*** Opening of Entries provided ***

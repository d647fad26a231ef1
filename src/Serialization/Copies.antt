-- ===== src/Serialization/Copies.antt =====
-- memcpy behind a pointer: what it leaves, and what is read back.
use open_rtdds.Prelude.{
  ℕ, zero, suc, ◌+◌, ◌≤◌, ◌<◌, ◌≡◌, refl, ap, ap₂, ◌∙◌, List, [], ◌∷◌, Option, arith, length, take,
  get_or, blit, length-blit, BytePointer, ◌!=◌, if◌then◌else◌, true,
}
use open_rtdds.Serialization.Cdr.{byte_at, copy_to}
use open_rtdds.Serialization.Integral.{Sized}
use open_rtdds.Serialization.Reader.{bytes_from}

get_or-blit_below :
    (xs : List ℕ) (k i : ℕ) (src : List ℕ) → i < k → get_or (blit xs k src) i 0 ≡ get_or xs i 0
get_or-blit_below [] k i src h = refl
get_or-blit_below (x ∷ xs) zero i src h = absurd (omega arith)
get_or-blit_below (x ∷ xs) (suc k) zero src h = refl
get_or-blit_below (x ∷ xs) (suc k) (suc i) src h = get_or-blit_below xs k i src (omega arith)

get_or-blit_inside :
    (xs : List ℕ) (k i : ℕ) (src : List ℕ)
    → i < length src
    → k + length src ≤ length xs
    → get_or (blit xs k src) (k + i) 0 ≡ get_or src i 0
get_or-blit_inside [] k i src h le = absurd (omega arith)
get_or-blit_inside (x ∷ xs) zero i [] h le = absurd (omega arith)
get_or-blit_inside (x ∷ xs) zero zero (s ∷ src) h le =
    ap (λ n. get_or (s ∷ blit xs 0 src) n 0) {x = 0 + 0} {y = 0} (omega arith)
get_or-blit_inside (x ∷ xs) zero (suc i) (s ∷ src) h le =
    ap (λ n. get_or (s ∷ blit xs 0 src) n 0) {x = 0 + suc i} {y = suc (0 + i)} (omega arith)
    ∙ get_or-blit_inside xs 0 i src (omega arith) (omega arith)
get_or-blit_inside (x ∷ xs) (suc k) i src h le =
    ap (λ n. get_or (x ∷ blit xs k src) n 0) {x = suc k + i} {y = suc (k + i)} (omega arith)
    ∙ get_or-blit_inside xs k i src h (omega arith)

module _ (n k : ℕ) (src : List ℕ) where
  pub copy_to-Sized : (b : BytePointer) → Sized n b → Sized n (copy_to b k src)
  copy_to-Sized Option.none h = h
  copy_to-Sized (Option.some xs) h = length-blit xs k src ∙ h

  pub copy_to_below : (i : ℕ) (b : BytePointer) → i < k → byte_at (copy_to b k src) i ≡ byte_at b i
  copy_to_below i Option.none h = refl
  copy_to_below i (Option.some xs) h = get_or-blit_below xs k i src h

  pub copy_to_inside :
      (i : ℕ) (b : BytePointer)
      → Sized n b
      → i < length src
      → k + length src ≤ n
      → byte_at (copy_to b k src) (k + i) ≡ get_or src i 0
  copy_to_inside i Option.none h lt le = absurd (omega arith)
  copy_to_inside i (Option.some xs) h lt le = get_or-blit_inside xs k i src lt (omega arith)

-- Bytes that are those of a list are read as the list.
pub bytes_from_eq :
    (b : BytePointer) (start : ℕ) (src : List ℕ)
    → ((i : ℕ) → i < length src → byte_at b (start + i) ≡ get_or src i 0)
    → bytes_from b start (length src) ≡ src
bytes_from_eq b start [] h = refl
bytes_from_eq b start (x ∷ src) h =
    ap₂ (λ y ys. y ∷ ys)
      (ap (byte_at b) {x = start} {y = start + 0} (omega arith) ∙ h 0 (omega arith))
      (bytes_from_eq b (suc start) src (λ i lt.
        ap (byte_at b) {x = suc start + i} {y = start + suc i} (omega arith)
        ∙ h (suc i) (omega arith)))

pub length-take_le : (m : ℕ) (xs : List ℕ) → m ≤ length xs → length (take m xs) ≡ m
length-take_le zero xs h = refl
length-take_le (suc m) [] h = absurd (omega arith)
length-take_le (suc m) (x ∷ xs) h = ap suc (length-take_le m xs (omega arith))

-- A copy that is left out where there is nothing to copy.
abbrev pub copied : ℕ → BytePointer → ℕ → List ℕ → BytePointer
copied size b k src = if size != 0 then copy_to b k src else b

pub record Copied (n k : ℕ) (src : List ℕ) (b c : BytePointer) : Type 0 where
  pub sized : Sized n c
  pub below : (i : ℕ) → i < k → byte_at c i ≡ byte_at b i
  pub inside : (i : ℕ) → i < length src → byte_at c (k + i) ≡ get_or src i 0

pub copied-Copied :
    (n k : ℕ) (src : List ℕ) (b : BytePointer)
    → Sized n b
    → k + length src ≤ n
    → Copied n k src b (copied (length src) b k src)
copied-Copied n k [] b h le = record {
  sized = h;
  below = λ i lt. refl;
  inside = λ i lt. absurd (omega arith);
}
copied-Copied n k (x ∷ src) b h le =
    let nonzero : (suc (length src) != 0) ≡ true = ground arith in
    rw nonzero (record {
      sized = copy_to-Sized n k (x ∷ src) b h;
      below = λ i lt. copy_to_below n k (x ∷ src) i b lt;
      inside = λ i lt. copy_to_inside n k (x ∷ src) i b h lt le;
    })
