-- ===== src/Rtps/Wire/Holds.antt =====
-- What memory holds at an index, and what the readers make of it.
use open_rtdds.Prelude.{
  ℕ, zero, suc, ◌+◌, ◌*◌, ◌/◌, ◌%◌, ◌^◌, ◌<◌, ◌≡◌, refl, sym, ap, ap₂, ◌∙◌, arith, List, [], ◌∷◌,
  ◌++◌, Option, length, length-append, get_or, drop, bit_or, BytePointer,
}
use open_rtdds.Prelude.Shift.{bit_or-high_low, bit_or-low_high}
use native.Mathlib.Nat.{mod-eq_of_lt}
use open_rtdds.Rtps.Types.{ByteOrder, big_endian, little_endian, EntityId, GuidPrefix}
use open_rtdds.Serialization.Cdr.{byte_at}
use open_rtdds.Serialization.Integral.{stored_byte, load_integral_stored}
use open_rtdds.Serialization.Copies.{bytes_from_eq}
use open_rtdds.Serialization.Reader.{bytes_from}
use open_rtdds.Rtps.Wire.{pointer_at, read_uint16, read_uint32, entity_bytes, entity_at, prefix_at}

abbrev pub Holds : BytePointer → ℕ → List ℕ → Type 0
Holds b index xs = (i : ℕ) → i < length xs → byte_at b (index + i) ≡ get_or xs i 0

-- A byte behind a pointer into memory.
get_or-drop : (xs : List ℕ) (k i : ℕ) → get_or (drop k xs) i 0 ≡ get_or xs (k + i) 0
get_or-drop xs zero i = ap (λ n. get_or xs n 0) {x = i} {y = 0 + i} (omega arith)
get_or-drop [] (suc k) i = refl
get_or-drop (x ∷ xs) (suc k) i =
    get_or-drop xs k i
    ∙ ap (λ n. get_or (x ∷ xs) n 0) {x = suc (k + i)} {y = suc k + i} (omega arith)

pub byte_at-pointer_at :
    (b : BytePointer) (k i : ℕ) → byte_at (pointer_at b k) i ≡ byte_at b (k + i)
byte_at-pointer_at Option.none k i = refl
byte_at-pointer_at (Option.some xs) k i = get_or-drop xs k i

pub Holds-pointer_at :
    (b : BytePointer) (k index : ℕ) (xs : List ℕ)
    → Holds b (k + index) xs
    → Holds (pointer_at b k) index xs
Holds-pointer_at b k index xs h i lt =
    byte_at-pointer_at b k (index + i)
    ∙ ap (byte_at b) {x = k + (index + i)} {y = k + index + i} (omega arith)
    ∙ h i lt

pub get_or-append_left :
    (xs ys : List ℕ) (i : ℕ) → i < length xs → get_or (xs ++ ys) i 0 ≡ get_or xs i 0
get_or-append_left [] ys i h = absurd (omega arith)
get_or-append_left (x ∷ xs) ys zero h = refl
get_or-append_left (x ∷ xs) ys (suc i) h = get_or-append_left xs ys i (omega arith)

pub get_or-append_right :
    (xs ys : List ℕ) (i : ℕ) → get_or (xs ++ ys) (length xs + i) 0 ≡ get_or ys i 0
get_or-append_right [] ys i = ap (λ n. get_or ys n 0) {x = 0 + i} {y = i} (omega arith)
get_or-append_right (x ∷ xs) ys i =
    ap (λ n. get_or (x ∷ xs ++ ys) n 0) {x = suc (length xs) + i} {y = suc (length xs + i)}
      (omega arith)
    ∙ get_or-append_right xs ys i

-- One byte, and the bytes after it.
pub Holds-head : (b : BytePointer) (k x : ℕ) (xs : List ℕ) → Holds b k (x ∷ xs) → byte_at b k ≡ x
Holds-head b k x xs h = ap (byte_at b) {x = k} {y = k + 0} (omega arith) ∙ h 0 (omega arith)

-- The bytes of an integer in either order.
abbrev pub uint16_bytes : ℕ → ByteOrder → List ℕ
uint16_bytes value little_endian = value % 2 ^ 8 ∷ value / 2 ^ 8 % 2 ^ 8 ∷ []
uint16_bytes value big_endian = value / 2 ^ 8 % 2 ^ 8 ∷ value % 2 ^ 8 ∷ []

abbrev pub uint32_bytes : ℕ → ByteOrder → List ℕ
uint32_bytes value order =
    stored_byte order 4 value 0
    ∷ stored_byte order 4 value 1
    ∷ stored_byte order 4 value 2
    ∷ stored_byte order 4 value 3
    ∷ []

pub read_uint16_lem :
    (b : BytePointer) (k value : ℕ) (order : ByteOrder)
    → value < 2 ^ 16
    → Holds b k (uint16_bytes value order)
    → read_uint16 b k order ≡ value
unfolding read_uint16
read_uint16_lem b k value little_endian small h =
    let low = Holds-head b k (value % 2 ^ 8) (value / 2 ^ 8 % 2 ^ 8 ∷ []) h in
    let high = h 1 (omega arith) in
    ap₂ (λ x y. bit_or x (y * 2 ^ 8) % 2 ^ 16) low high
    ∙ ap (λ x. x % 2 ^ 16) (bit_or-low_high 8 (value / 2 ^ 8 % 2 ^ 8) (value % 2 ^ 8) (omega arith))
    ∙ omega arith
read_uint16_lem b k value big_endian small h =
    let high = Holds-head b k (value / 2 ^ 8 % 2 ^ 8) (value % 2 ^ 8 ∷ []) h in
    let low = h 1 (omega arith) in
    ap₂ (λ x y. bit_or (x * 2 ^ 8) y % 2 ^ 16) high low
    ∙ ap (λ x. x % 2 ^ 16) (bit_or-high_low 8 (value / 2 ^ 8 % 2 ^ 8) (value % 2 ^ 8) (omega arith))
    ∙ omega arith

pub get_or-uint32_bytes :
    (value : ℕ) (order : ByteOrder) (i : ℕ)
    → i < 4
    → get_or (uint32_bytes value order) i 0 ≡ stored_byte order 4 value i
get_or-uint32_bytes value order zero h = refl
get_or-uint32_bytes value order (suc zero) h = refl
get_or-uint32_bytes value order (suc (suc zero)) h = refl
get_or-uint32_bytes value order (suc (suc (suc zero))) h = refl
get_or-uint32_bytes value order (suc (suc (suc (suc i)))) h = absurd (omega arith)

pub read_uint32_lem :
    (b : BytePointer) (k value : ℕ) (order : ByteOrder)
    → value < 2 ^ 32
    → Holds b k (uint32_bytes value order)
    → read_uint32 b k order ≡ value
unfolding read_uint32
read_uint32_lem b k value order small h =
    ap (λ x. x % 2 ^ 32)
      (load_integral_stored order 4 value k b (omega arith) small
        (λ i lt. h i lt ∙ get_or-uint32_bytes value order i lt))
    ∙ mod-eq_of_lt small

pub entity_at_lem :
    (b : BytePointer) (k : ℕ) (id : EntityId) → Holds b k (entity_bytes id) → entity_at b k ≡ id
entity_at_lem b k id h =
    let first = Holds-head b k id.e0 (id.e1 ∷ id.e2 ∷ id.e3 ∷ []) h in
    ground (arith, first, h 1 (omega arith), h 2 (omega arith), h 3 (omega arith))

pub prefix_at_lem :
    (b : BytePointer) (k : ℕ) (guid_prefix : GuidPrefix)
    → length guid_prefix ≡ 12
    → Holds b k guid_prefix
    → prefix_at b k ≡ guid_prefix
prefix_at_lem b k guid_prefix size h =
    ap (bytes_from b k) (sym size) ∙ bytes_from_eq b k guid_prefix h

-- Bytes that are read as a list are that list's.
pub Holds-bytes_from :
    (b : BytePointer) (k : ℕ) (xs : List ℕ) → bytes_from b k (length xs) ≡ xs → Holds b k xs
Holds-bytes_from b k [] e i lt = absurd (omega arith)
Holds-bytes_from b k (x ∷ xs) e zero lt =
    ap (byte_at b) {x = k + 0} {y = k} (omega arith) ∙ ap (λ l. get_or l 0 0) e
Holds-bytes_from b k (x ∷ xs) e (suc i) lt =
    ap (byte_at b) {x = k + suc i} {y = suc k + i} (omega arith)
    ∙ Holds-bytes_from b (suc k) xs (cc) i (omega arith)

-- Bytes in two parts.
pub Holds-append :
    (b : BytePointer) (k : ℕ) (xs ys : List ℕ)
    → Holds b k (xs ++ ys)
    → Holds b k xs × Holds b (k + length xs) ys
Holds-append b k xs ys h =
    let both = length-append xs ys in
    (
      λ i lt. h i (omega (arith, both)) ∙ get_or-append_left xs ys i lt,
      λ i lt.
          ap (byte_at b) {x = k + length xs + i} {y = k + (length xs + i)} (omega arith)
          ∙ h (length xs + i) (omega (arith, both))
          ∙ get_or-append_right xs ys i,
    )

*** Close of Entries provided ***

* [Directions for this task]
Tally the lines of the listing in which the string "absurd" appears, and state the tally alone.

* [Problem solution]
9